Bevor es aber zu weiteren politischen Kundgebungen im Netz kommt, tritt der RechtschreibKlugscheisser auf den Plan und erklärt, das Postings dieser Art vollkommen dilettantisch und entwürdigend für eine moderne Gesellschaft sind. 7-9 Grammtikfetischisten geben ihm Recht und wenden sich angewidert ab.

Es folgt dann in aller Regel die Gruppe der indifferenten Gefällt-mir-Klicker. Das sind meist Eltern von 14jährigen Kindern oder rüstige Rentner, die nicht verstanden haben, worum es geht, die aber, um im Spiel zu bleiben, einfach mal „gefällt mir“ klicken. Da die Gruppe „Klickvieh“ sehr groß ist, sorgt sie schnell für weitere (unqualifizierte) Verbreitung. Es folgen dann diejenigen, die das Originalposting als persönlichen Angriff werten und sofort in die Offensive gehen, entrüstet Freunde „informieren“ und in Gruppen posten, wie unmöglich doch dein Posting sei.

In der letzten Phase posten dann die, die ohnehin nicht verstanden haben, worum es überhaupt geht und melden sich mit einem „also ich finde das alles doof hier“ ab, wodurch sie noch 231 Fragen in ihrer Timeline provozieren: „worum geht es hier“…

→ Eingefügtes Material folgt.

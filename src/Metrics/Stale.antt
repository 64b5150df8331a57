-- ===== src/Metrics/Stale.antt =====
-- The errors that reach the counters of components/metrics/metrics.c over the event bus: each is
-- counted under the statistic that the bus's task found in its local variable.
use modbus_vault.Base.{
  ℕ, zero, suc, ◌≤◌, ◌≡◌, refl, ap, ap₂, ◌∙◌, false, List, [], ◌∷◌, Option, some, arith, length,
  take, splice, replicate, length-splice,
}
use modbus_vault.Base.Words.{write32}
use modbus_vault.Rtos.{QueueOps, IsQueue}
use modbus_vault.EventBus.{
  Bus, Subscriber, Task, init, event_type_size, event_error, empty_slot, type_of, data_of, deliver,
  dispatch, receive_event, task_round, subscribe, subscribe_from,
}
use modbus_vault.EventBus.Dispatch.{deliver_all, task_round-Drains}
use modbus_vault.EventBus.Payload.{items_of, publish_all, Holds, data_of-splice, publish_all-Holds}
use modbus_vault.Metrics.Counters
use modbus_vault.Metrics.Counters.{Callback, on_error_callback, call, increment}

-- The slots once the metrics have subscribed to a bus without subscribers.
abbrev metrics_slots : List (Subscriber Callback)
metrics_slots =
    record { event_type = event_error; cb = some on_error_callback; ctx = 0 }
    ∷ replicate 7 empty_slot

-- Every event is of the type EVENT_BUS_EVENT_ERROR.
abbrev pub AllErrors : List (List ℕ) → Type 0
AllErrors [] = Unit {0}
AllErrors (e ∷ events) = (take event_type_size e ≡ write32 event_error) × AllErrors events

-- So many reports of one statistic.
abbrev pub count_same : ℕ → ℕ → List ℕ → List ℕ
count_same zero stat counters = counters
count_same (suc n) stat counters = count_same n stat (increment stat counters)

type_of-splice :
    (event : List ℕ)
    → event_type_size ≤ length event
    → type_of (splice event 0 (write32 event_error)) ≡ event_error
unfolding type_of
type_of-splice [] h = absurd (omega arith)
type_of-splice (a ∷ []) h = absurd (omega arith)
type_of-splice (a ∷ b ∷ []) h = absurd (omega arith)
type_of-splice (a ∷ b ∷ c ∷ []) h = absurd (omega arith)
type_of-splice (a ∷ b ∷ c ∷ d ∷ rest) h = refl

-- An error event that arrives.
abbrev arrived : Task (List ℕ) → Task (List ℕ)
arrived t = receive_event call metrics_slots (write32 event_error) t

arrived-counts :
    (t : Task (List ℕ))
    → event_type_size ≤ length t.event
    → ((arrived t).world ≡ increment (data_of t.event) t.world)
      × (data_of (arrived t).event ≡ data_of t.event)
      × (length (arrived t).event ≡ length t.event)
unfolding receive_event dispatch deliver call
arrived-counts t long = (
  rw (type_of-splice t.event long, data_of-splice t.event (write32 event_error) (omega arith)) refl,
  data_of-splice t.event (write32 event_error) (omega arith),
  length-splice t.event 0 (write32 event_error),
)

deliver_all-counts :
    (events : List (List ℕ)) (t : Task (List ℕ))
    → AllErrors events
    → event_type_size ≤ length t.event
    → (deliver_all call metrics_slots (items_of event_type_size events) t).world
      ≡ count_same (length events) (data_of t.event) t.world
deliver_all-counts [] t h long = refl
deliver_all-counts (e ∷ events) t h long =
    let (counted, payload, same) = arrived-counts t long in
    ap
      (λ item.
        (deliver_all call metrics_slots (items_of event_type_size events)
          (receive_event call metrics_slots item t)).world)
      h.0
    ∙ deliver_all-counts events (arrived t) h.1 (omega (arith, same))
    ∙ ap₂ (count_same (length events)) payload counted

length-items : (events : List (List ℕ)) → length (items_of event_type_size events) ≡ length events
length-items [] = refl
length-items (e ∷ events) = ap suc (length-items events)

module _ {Q : Type 0} (ops : QueueOps Q (List ℕ)) (queue : IsQueue ops) where
  -- The bus and the counters as the program sets them up.
  abbrev pub set_up : (ℕ → ℕ → Option Q) → ℕ → Bus Q Callback → List ℕ → Bus Q Callback × List ℕ
  set_up create n b counters =
      let (err, b', counters') = Counters.init (init create (suc n) b).1 counters in (b', counters')

  set_up-Holds :
      (create : ℕ → ℕ → Option Q) (n : ℕ) (b : Bus Q Callback) (q : Q) (counters : List ℕ)
      → create (suc n) event_type_size ≡ some q
      → queue.items q ≡ []
      → suc n ≤ queue.capacity q
      → ((set_up create n b counters).0.subscribers ≡ metrics_slots)
        × ((set_up create n b counters).0.has_stop_bit ≡ b.has_stop_bit)
        × Holds ops queue (set_up create n b counters).0 [] (suc n)
  unfolding init Counters.init subscribe subscribe_from
  set_up-Holds create n b q counters made empty wide = (
    ap (λ o. (started o).subscribers) made,
    ap (λ o. (started o).has_stop_bit) made,
    record {
      queue_of = q;
      created = ap (λ o. (started o).event_queue) made;
      item_size = ap (λ o. (started o).item_size) made;
      holds = empty;
      has_room = omega arith;
    },
  )
    where
      started : Option Q → Bus Q Callback
      started o = (set_up (λ count size. o) n b counters).0

  -- Error events that are published to the bus after the metrics have subscribed, as many as its
  -- queue was created for or fewer, are all counted under the payload that the local variable of
  -- the bus's task had before, whatever statistics they report.
  pub errors-counted_stale :
      (create : ℕ → ℕ → Option Q) (n : ℕ) (b : Bus Q Callback) (q : Q) (counters event : List ℕ)
      (events : List (List ℕ))
      → create (suc n) event_type_size ≡ some q
      → queue.items q ≡ []
      → suc n ≤ queue.capacity q
      → b.has_stop_bit ≡ false
      → event_type_size ≤ length event
      → AllErrors events
      → length events ≤ suc n
      → (b' : Bus Q Callback) × (event' : List ℕ) × (task_round ops call
            (suc (length events))
            (publish_all ops events (set_up create n b counters).0)
            (record { event = event; world = (set_up create n b counters).1 })
          ≡ some (
            b',
            record {
              event = event';
              world = count_same (length events) (data_of event) (set_up create n b counters).1;
            },
          ))
  errors-counted_stale create n b q counters event events made empty wide runs long errors few =
      let (slots, stop, start) = set_up-Holds create n b q counters made empty wide in
      let bus = (set_up create n b counters).0 in
      let t : Task (List ℕ) = record { event = event; world = (set_up create n b counters).1 } in
      let (slots', stop', h) = publish_all-Holds ops queue events bus [] (fewer bus start) in
      let (q', eq, _, _) =
        task_round-Drains ops call queue (suc (length events)) (publish_all ops events bus)
          h.queue_of t (stop' ∙ stop ∙ runs) h.created
          (omega (arith, ap length h.holds, length-items events)) in
      (
        record (publish_all ops events bus) { event_queue = some q'; has_event_bit = false },
        (deliver_all call metrics_slots (items_of event_type_size events) t).event,
        eq
            ∙ ap₂
                (λ xs items. some (
                  record (publish_all ops events bus) {
                    event_queue = some q';
                    has_event_bit = false;
                  },
                  deliver_all call xs items t,
                ))
                (slots' ∙ slots) h.holds
            ∙ ap
                (λ w. some (
                  record (publish_all ops events bus) {
                    event_queue = some q';
                    has_event_bit = false;
                  },
                  record {
                    event =
                        (deliver_all call metrics_slots (items_of event_type_size events) t).event;
                    world = w;
                  },
                ))
                (deliver_all-counts events t errors long),
      )
    where
      fewer :
          (bus : Bus Q Callback)
          → Holds ops queue bus [] (suc n)
          → Holds ops queue bus [] (length events)
      fewer bus h = record {
        queue_of = h.queue_of;
        created = h.created;
        item_size = h.item_size;
        holds = h.holds;
        has_room = omega (arith, h.has_room);
      }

Wie unserer Key Influencer Analsysen verdeutlichen, werden durch Postings wie das eben beschriebene ca. 300-330 Menschen unmittelbar in der ersten Welle erreicht, was in der zweiten Welle (Kontakte der Kontakte) dann ca. 87.000 Kontakten entspricht. Die Gesamtreichweite beträgt rein rechnerisch ca. 500.000 Kontakte. Doof, wenn das Posting dann nicht gut war…

Deshalb gelten für den Umgang mit sozialen Netzen ein paar einfache Regeln:

1. Tritt sicherheitshalber der Gruppe bei „Nicht jede geistige Blähung muss gepostet werden“ (damit verdeutlichst du dir, dass du zu einem Profi gehen solltest)

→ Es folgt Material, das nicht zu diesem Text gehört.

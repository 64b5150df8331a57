-- ===== src/Metrics/Tests.antt =====
-- Runs of the counters, alone and behind the event bus.
use modbus_vault.Base.{
  ℕ, ◌≡◌, refl, true, false, List, [], ◌∷◌, ◌++◌, Option, none, some, arith, replicate,
}
use modbus_vault.Base.Words.{write32}
use modbus_vault.Rtos.Bounded.{Bounded, bounded, bounded-IsQueue}
use modbus_vault.EventBus.{Bus, task_round, data_of}
use modbus_vault.EventBus.Payload.{publish_all}
use modbus_vault.Metrics.Counters.{Callback, call}
use modbus_vault.Metrics.Stale.{set_up, count_same, errors-counted_stale}

abbrev used_counters : List ℕ
used_counters = 4 ∷ 0 ∷ 1 ∷ 0 ∷ 0 ∷ 0 ∷ 9 ∷ []

abbrev create_bounded : ℕ → ℕ → Option (Bounded (List ℕ))
create_bounded count size = some (record { items = []; capacity = count })

abbrev no_bus : Bus (Bounded (List ℕ)) Callback
no_bus = record {
  event_queue = none;
  item_size = 0;
  subscribers = [];
  has_event_bit = false;
  has_stop_bit = false;
  has_task = true;
}

-- An event of the statistic 2, METRICS_STAT_MODBUS_CRC_ERRORS.
abbrev crc_event : List ℕ
crc_event = write32 0 ++ write32 2 ++ replicate 16 0

-- The task's local variable, of which nothing was written yet.
abbrev fresh_event : List ℕ
fresh_event = write32 0 ++ write32 6 ++ replicate 16 0

errors-counted_stale_example :
    (b' : Bus (Bounded (List ℕ)) Callback) × (event' : List ℕ) × (task_round bounded call 3
        (publish_all bounded
          (crc_event ∷ crc_event ∷ [])
          (set_up bounded bounded-IsQueue create_bounded 4 no_bus used_counters).0)
        (record {
          event = fresh_event;
          world = (set_up bounded bounded-IsQueue create_bounded 4 no_bus used_counters).1;
        })
      ≡ some (
        b',
        record {
          event = event';
          world =
              count_same 2
                (data_of fresh_event)
                (set_up bounded bounded-IsQueue create_bounded 4 no_bus used_counters).1;
        },
      ))
unfolding bounded-IsQueue
errors-counted_stale_example =
    errors-counted_stale bounded bounded-IsQueue create_bounded 4 no_bus
      (record { items = []; capacity = 5 }) used_counters fresh_event (crc_event ∷ crc_event ∷ [])
      refl refl (omega arith) refl (omega arith) (refl, (refl, tt)) (omega arith)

2. Erstelle einen Redaktionsplan (da du keine Zeit hast, gilt wieder Punkt 1: gehe zu einem Profi und bleibe bei deinem Kerngeschäft)

3. Entscheide dich nie für Social Media, weil du Kosten sparen willst.Wenn du einen auf billig machst, wird es erfahrungsgemäß am Ende richtig teuer (was uns wieder zu Punkt 1 zurückbringt, denn Profis kosten Geld)

4. Es ist kompliziert

 

Extrem Kommentaring

Nein, keine Sorge, wir nehmen den Faden vom Wochenende NICHT auf und verschonen unsere Besucher mit Internet Trends wie Walling, Planking, Milking oder Extreme Fruchtsafting.

Von Hibbelinchen und Möpf reden wir ebenfalls heute nicht und auch das Thema Extreme Schaufenstering oder Hangouting vertagen wir auf nächste Woche (wer ein cooles Schaufenster in der Stuttgarter City kennt, kann uns aber gerne schreiben).

Heute greifen wir die Frage auf: Wie muss eine Facebook Seite einer Guerilla Marketing Agentur aussehen?

Piratig? Wüst und WIRR? Verwegen?

Bis jetzt haben wir darauf verzichtet, eine klassische Facebook Seite mit Tabpages etc. zu erstellen. Ausgangspunkt unserer Überlegungen: ES IST KOMPLIZIERT, weil: alles ist ja irgendwie kompliziert…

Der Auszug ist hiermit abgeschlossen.